Ce n’est qu’après l’occupation de Jérusalem-Est, de la Cisjordanie et de la bande de Gaza en 1967 que les digues ont cédé. Israël a alors vu émerger une culture psychédélique envahissante, largement importée des États-Unis, altérant ainsi son tissu social. Le « pèlerinage stupéfiant » en Inde est devenu un passage obligé pour de nombreux jeunes, cherchant à échapper à la rigueur du service militaire avant de plonger dans la vie active, une échappatoire illusoire aux dures réalités.
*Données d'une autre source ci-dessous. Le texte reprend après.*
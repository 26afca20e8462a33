-- ===== src/Transport/Wire/Laws.antt =====
-- What is written can be read back.
use my_etcd.Base.{
  ℕ, zero, suc, ◌+◌, ◌*◌, ◌/◌, ◌%◌, ◌^◌, ◌<◌, ◌≤◌, ◌≡◌, refl, ap, ◌∙◌, arith, Bool, true, false,
  List, [], ◌∷◌, ◌++◌, append_assoc, append-nil, ltb, length, Bytes, length-append, not, ◌==◌,
}
use my_etcd.Types.{RaftEntry, EventType, ConfChangeType, default_conf_change}
use my_etcd.Codec.{
  be_bytes, be_value, event_byte, event_of_byte, conf_byte, conf_of_byte, is_conf_change,
}
use my_etcd.Codec.Words.{
  FitsBytes-u64, length-be_bytes, be_value-be_bytes, take-prefix, drop-prefix,
}
use my_etcd.Raft.Messages.{
  RequestVoteRequest, RequestVoteResponse, AppendEntriesRequest, AppendEntriesResponse,
}
use my_etcd.Transport.Wire.{
  Reader, ◌>>=◌, pure, buffer, write_u8, write_u64, write_string, read_u8, read_u64, read_loop,
  read_string, read_clamped, conf_parts, write_entry, write_entries, read_conf, read_entry,
  read_entries, bool_byte, write_vote_request, read_vote_request, write_vote_response,
  read_vote_response, write_append_request, read_append_request, write_append_response,
  read_append_response, vote_req_type, vote_resp_type, append_req_type, append_resp_type,
}

-- The reader takes the written bytes off the front and returns the value.
pub record Reads {A : Type 0} (m : Reader A) (w : Bytes) (a : A) : Type 0 where
  pub reads : (rest : Bytes) → m (w ++ rest) ≡ (a, rest)

pub Reads-then :
    {A B : Type 0} {m : Reader A} (f : A → Reader B) {w w' : Bytes} {a : A} {b : B}
    → Reads m w a
    → Reads (f a) w' b
    → Reads (m >>= f) (w ++ w') b
unfolding ◌>>=◌
Reads-then {m = m} f {w = w} {w' = w'} {a = a} r s = record {
  reads = λ rest.
      ap (λ l. f (m l).0 (m l).1) (append_assoc w w' rest)
      ∙ ap (λ p. f p.0 p.1) (r.reads (w' ++ rest))
      ∙ s.reads rest;
}

pub Reads-pure : {A : Type 0} (a : A) → Reads (pure a) [] a
unfolding pure
Reads-pure a = record { reads = λ rest. refl }

-- The last write of a buffer needs no empty rest.
pub Reads-last :
    {A B : Type 0} {m : Reader A} (f : A → Reader B) {w : Bytes} {a : A} {b : B}
    → Reads m w a
    → Reads (f a) [] b
    → Reads (m >>= f) w b
Reads-last f {w = w} r s = rw (append-nil w) at (Reads-then f r s)

pub Reads-u8 : (v : ℕ) → v < 256 → Reads read_u8 (write_u8 v) v
unfolding read_u8 write_u8
Reads-u8 v h = let e : v % 256 ≡ v = omega arith in record { reads = λ rest. rw e refl }

-- All bytes are below 256.
abbrev Small : Bytes → Type 0
Small [] = Unit
Small (b ∷ bs) = (b < 256) × Small bs

Small-append : (xs ys : Bytes) → Small xs → Small ys → Small (xs ++ ys)
Small-append [] ys h k = k
Small-append (x ∷ xs) ys h k = (h.0, Small-append xs ys h.1 k)

be_bytes-Small : (k v : ℕ) → Small (be_bytes k v)
unfolding be_bytes
be_bytes-Small zero v = tt
be_bytes-Small (suc k) v =
    Small-append (be_bytes k (v / 256)) (v % 256 ∷ []) (be_bytes-Small k (v / 256))
      (omega arith, tt)

be_value-ge : (v : ℕ) (bs : Bytes) → v ≤ be_value v bs
unfolding be_value
be_value-ge v [] = omega arith
be_value-ge v (b ∷ bs) = omega (arith, be_value-ge (v * 256 + b) bs)

-- No shift of the loop overflows, if the result does not.
read_loop-be_value :
    (k v : ℕ) (bs rest : Bytes)
    → length bs ≡ k
    → be_value v bs < 2 ^ 64
    → read_loop k v (bs ++ rest) ≡ (be_value v bs, rest)
unfolding read_loop be_value
read_loop-be_value zero v [] rest n h = refl
read_loop-be_value zero v (b ∷ bs) rest n h = absurd (omega arith)
read_loop-be_value (suc k) v [] rest n h = absurd (omega arith)
read_loop-be_value (suc k) v (b ∷ bs) rest n h =
    let e : (v * 256 + b) % 2 ^ 64 ≡ v * 256 + b = omega (arith, be_value-ge (v * 256 + b) bs) in
    rw e (read_loop-be_value k (v * 256 + b) bs rest (omega arith) h)

pub Reads-u64 : (v : ℕ) → v < 2 ^ 64 → Reads read_u64 (write_u64 v) v
unfolding read_u64 write_u64
Reads-u64 v h =
    let e = be_value-be_bytes 8 v (FitsBytes-u64 v h) in
    record {
      reads = λ rest.
          read_loop-be_value 8 0 (be_bytes 8 v) rest (length-be_bytes 8 v) (omega (arith, e))
          ∙ ap (λ w. (w, rest)) e;
    }

reads_clamped : (s rest : Bytes) → read_clamped (length s) (s ++ rest) ≡ (s, rest)
reads_clamped s rest =
    let long : ltb (length (s ++ rest)) (length s) ≡ false = ground (arith, length-append s rest) in
    rw (long, take-prefix (length s) s rest refl, drop-prefix (length s) s rest refl) refl

Reads-clamped : (s : Bytes) → Reads (read_clamped (length s)) s s
Reads-clamped s = record { reads = λ rest. reads_clamped s rest }

pub Reads-string : (s : Bytes) → length s < 2 ^ 64 → Reads read_string (write_string s) s
unfolding read_string write_string
Reads-string s h = Reads-then _ (Reads-u64 (length s) h) (Reads-clamped s)

-- An entry that the format can carry: its numbers are words, its strings have word lengths, its type is
-- an enumerator, and it has no membership change unless its type says so.
pub record IsCarried (e : RaftEntry) : Type 0 where
  pub term : e.term < 2 ^ 64
  pub index : e.index < 2 ^ 64
  pub type : event_of_byte (event_byte e.type) ≡ e.type
  pub key : length e.key < 2 ^ 64
  pub value : length e.value < 2 ^ 64
  pub lease_id : e.lease_id < 2 ^ 64
  pub no_conf : is_conf_change e.type ≡ false → e.conf_change ≡ default_conf_change
  pub conf_type : conf_of_byte (conf_byte e.conf_change.type) ≡ e.conf_change.type
  pub node_id : e.conf_change.node_id < 2 ^ 64
  pub peer_addr : length e.conf_change.peer_addr < 2 ^ 64

event_byte-lt : (t : EventType) → event_byte t < 256
unfolding event_byte
event_byte-lt EventType.put = omega arith
event_byte-lt EventType.delete = omega arith
event_byte-lt EventType.conf_change = omega arith
event_byte-lt (EventType.unknown n) = omega arith

conf_byte-lt : (t : ConfChangeType) → conf_byte t < 256
unfolding conf_byte
conf_byte-lt ConfChangeType.add_node = omega arith
conf_byte-lt ConfChangeType.remove_node = omega arith
conf_byte-lt (ConfChangeType.unknown n) = omega arith

Reads-conf :
    (e : RaftEntry) (b : Bool)
    → is_conf_change e.type ≡ b
    → IsCarried e
    → Reads (read_conf e.type) (buffer (conf_parts e.type e.conf_change)) e.conf_change
unfolding read_conf conf_parts buffer
Reads-conf e true isc h = rw isc (
    Reads-then _ (Reads-u8 (conf_byte e.conf_change.type) (conf_byte-lt e.conf_change.type)) (
      Reads-then _ (Reads-u64 e.conf_change.node_id h.node_id) (
        Reads-then _ (Reads-string e.conf_change.peer_addr h.peer_addr)
          (rw h.conf_type (Reads-pure e.conf_change)))))
Reads-conf e false isc h = rw (isc, h.no_conf isc) (Reads-pure default_conf_change)

pub Reads-entry : (e : RaftEntry) → IsCarried e → Reads read_entry (write_entry e) e
unfolding read_entry write_entry buffer
Reads-entry e h = Reads-then _ (Reads-u64 e.term h.term) (
    Reads-then _ (Reads-u64 e.index h.index) (
      Reads-then _ (Reads-u8 (event_byte e.type) (event_byte-lt e.type)) (
        Reads-then _ (Reads-string e.key h.key) (
          Reads-then _ (Reads-string e.value h.value) (
            Reads-then _ (Reads-u64 e.lease_id h.lease_id) (
              rw h.type
                (Reads-last _ (Reads-conf e (is_conf_change e.type) refl h) (Reads-pure e))))))))

abbrev pub AllCarried : List RaftEntry → Type 0
AllCarried [] = Unit
AllCarried (e ∷ es) = IsCarried e × AllCarried es

pub Reads-entries :
    (es : List RaftEntry) → AllCarried es → Reads (read_entries (length es)) (write_entries es) es
unfolding read_entries write_entries
Reads-entries [] h = Reads-pure []
Reads-entries (e ∷ es) h =
    Reads-then _ (Reads-entry e h.0) (Reads-last _ (Reads-entries es h.1) (Reads-pure (e ∷ es)))

-- The words of the messages fit 64 bits.
abbrev pub IsVoteRequest : RequestVoteRequest → Type 0
IsVoteRequest r =
    (r.term < 2 ^ 64)
    × (r.candidate_id < 2 ^ 64)
    × (r.last_log_index < 2 ^ 64)
    × (r.last_log_term < 2 ^ 64)

pub record IsAppendRequest (r : AppendEntriesRequest) : Type 0 where
  pub term : r.term < 2 ^ 64
  pub leader_id : r.leader_id < 2 ^ 64
  pub prev_log_index : r.prev_log_index < 2 ^ 64
  pub prev_log_term : r.prev_log_term < 2 ^ 64
  pub leader_commit : r.leader_commit < 2 ^ 64
  pub entry_count : length r.entries < 2 ^ 64
  pub entries : AllCarried r.entries

abbrev pub IsAppendResponse : AppendEntriesResponse → Type 0
IsAppendResponse r =
    (r.term < 2 ^ 64)
    × (r.last_log_index < 2 ^ 64)
    × (r.conflict_index < 2 ^ 64)
    × (r.conflict_term < 2 ^ 64)

-- The body of a request is read after the byte that names it.
pub Reads-vote_request :
    (r : RequestVoteRequest)
    → IsVoteRequest r
    → Reads (read_u8 >>= λ kind. read_vote_request) (write_vote_request r) r
unfolding read_vote_request write_vote_request buffer
Reads-vote_request r h = Reads-then _ (Reads-u8 vote_req_type (omega arith)) (
    Reads-then _ (Reads-u64 r.term h.0) (
      Reads-then _ (Reads-u64 r.candidate_id h.1) (
        Reads-then _ (Reads-u64 r.last_log_index h.2)
          (Reads-then _ (Reads-u64 r.last_log_term h.3) (Reads-pure r)))))

Reads-bool : (b : Bool) → Reads read_u8 (write_u8 (bool_byte b)) (bool_byte b)
Reads-bool true = Reads-u8 1 (omega arith)
Reads-bool false = Reads-u8 0 (omega arith)

bool_byte-set : (b : Bool) → not (bool_byte b == 0) ≡ b
bool_byte-set true = refl
bool_byte-set false = refl

pub Reads-vote_response :
    (r : RequestVoteResponse) → r.term < 2 ^ 64 → Reads read_vote_response (write_vote_response r) r
unfolding read_vote_response write_vote_response buffer
Reads-vote_response r h = Reads-then _ (Reads-u8 vote_resp_type (omega arith)) (
    Reads-then _ (Reads-u64 r.term h)
      (Reads-then _ (Reads-bool r.vote_granted) (rw (bool_byte-set r.vote_granted) (Reads-pure r))))

pub Reads-append_request :
    (r : AppendEntriesRequest)
    → IsAppendRequest r
    → Reads (read_u8 >>= λ kind. read_append_request) (write_append_request r) r
unfolding read_append_request write_append_request buffer
Reads-append_request r h = Reads-then _ (Reads-u8 append_req_type (omega arith)) (
    Reads-then _ (Reads-u64 r.term h.term) (
      Reads-then _ (Reads-u64 r.leader_id h.leader_id) (
        Reads-then _ (Reads-u64 r.prev_log_index h.prev_log_index) (
          Reads-then _ (Reads-u64 r.prev_log_term h.prev_log_term) (
            Reads-then _ (Reads-u64 r.leader_commit h.leader_commit) (
              Reads-then _ (Reads-u64 (length r.entries) h.entry_count)
                (Reads-then _ (Reads-entries r.entries h.entries) (Reads-pure r))))))))

pub Reads-append_response :
    (r : AppendEntriesResponse)
    → IsAppendResponse r
    → Reads read_append_response (write_append_response r) r
unfolding read_append_response write_append_response buffer
Reads-append_response r h = Reads-then _ (Reads-u8 append_resp_type (omega arith)) (
    Reads-then _ (Reads-u64 r.term h.0) (
      Reads-then _ (Reads-bool r.success) (
        Reads-then _ (Reads-u64 r.last_log_index h.1) (
          Reads-then _ (Reads-u64 r.conflict_index h.2) (
            Reads-then _ (Reads-u64 r.conflict_term h.3)
              (rw (bool_byte-set r.success) (Reads-pure r)))))))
L’invasion du Liban en 1982 a ouvert une véritable boîte de Pandore, connectant les vastes zones de production de haschich libanaises au marché israélien, alors en pleine expansion et avide de substances illicites. Dès l’année suivante, un afflux alarmant de 700 tonnes de drogue a été illégalement importé, un signe manifeste de la perméabilité grandissante des frontières. Le pire a été l’implication choquante d’officiers israéliens dans ces réseaux transfrontaliers, dévoilant une corruption insidieuse au sein même des institutions. Malgré les démantèlements réguliers, le fléau a persisté, s’intensifiant même avec l’implication du Hezbollah. La répression, bien que féroce, n’a pas réussi à endiguer cette marée montante jusqu’au retrait israélien du Liban en 2000, laissant derrière elle un héritage lourd et complexe pour la société israélienne.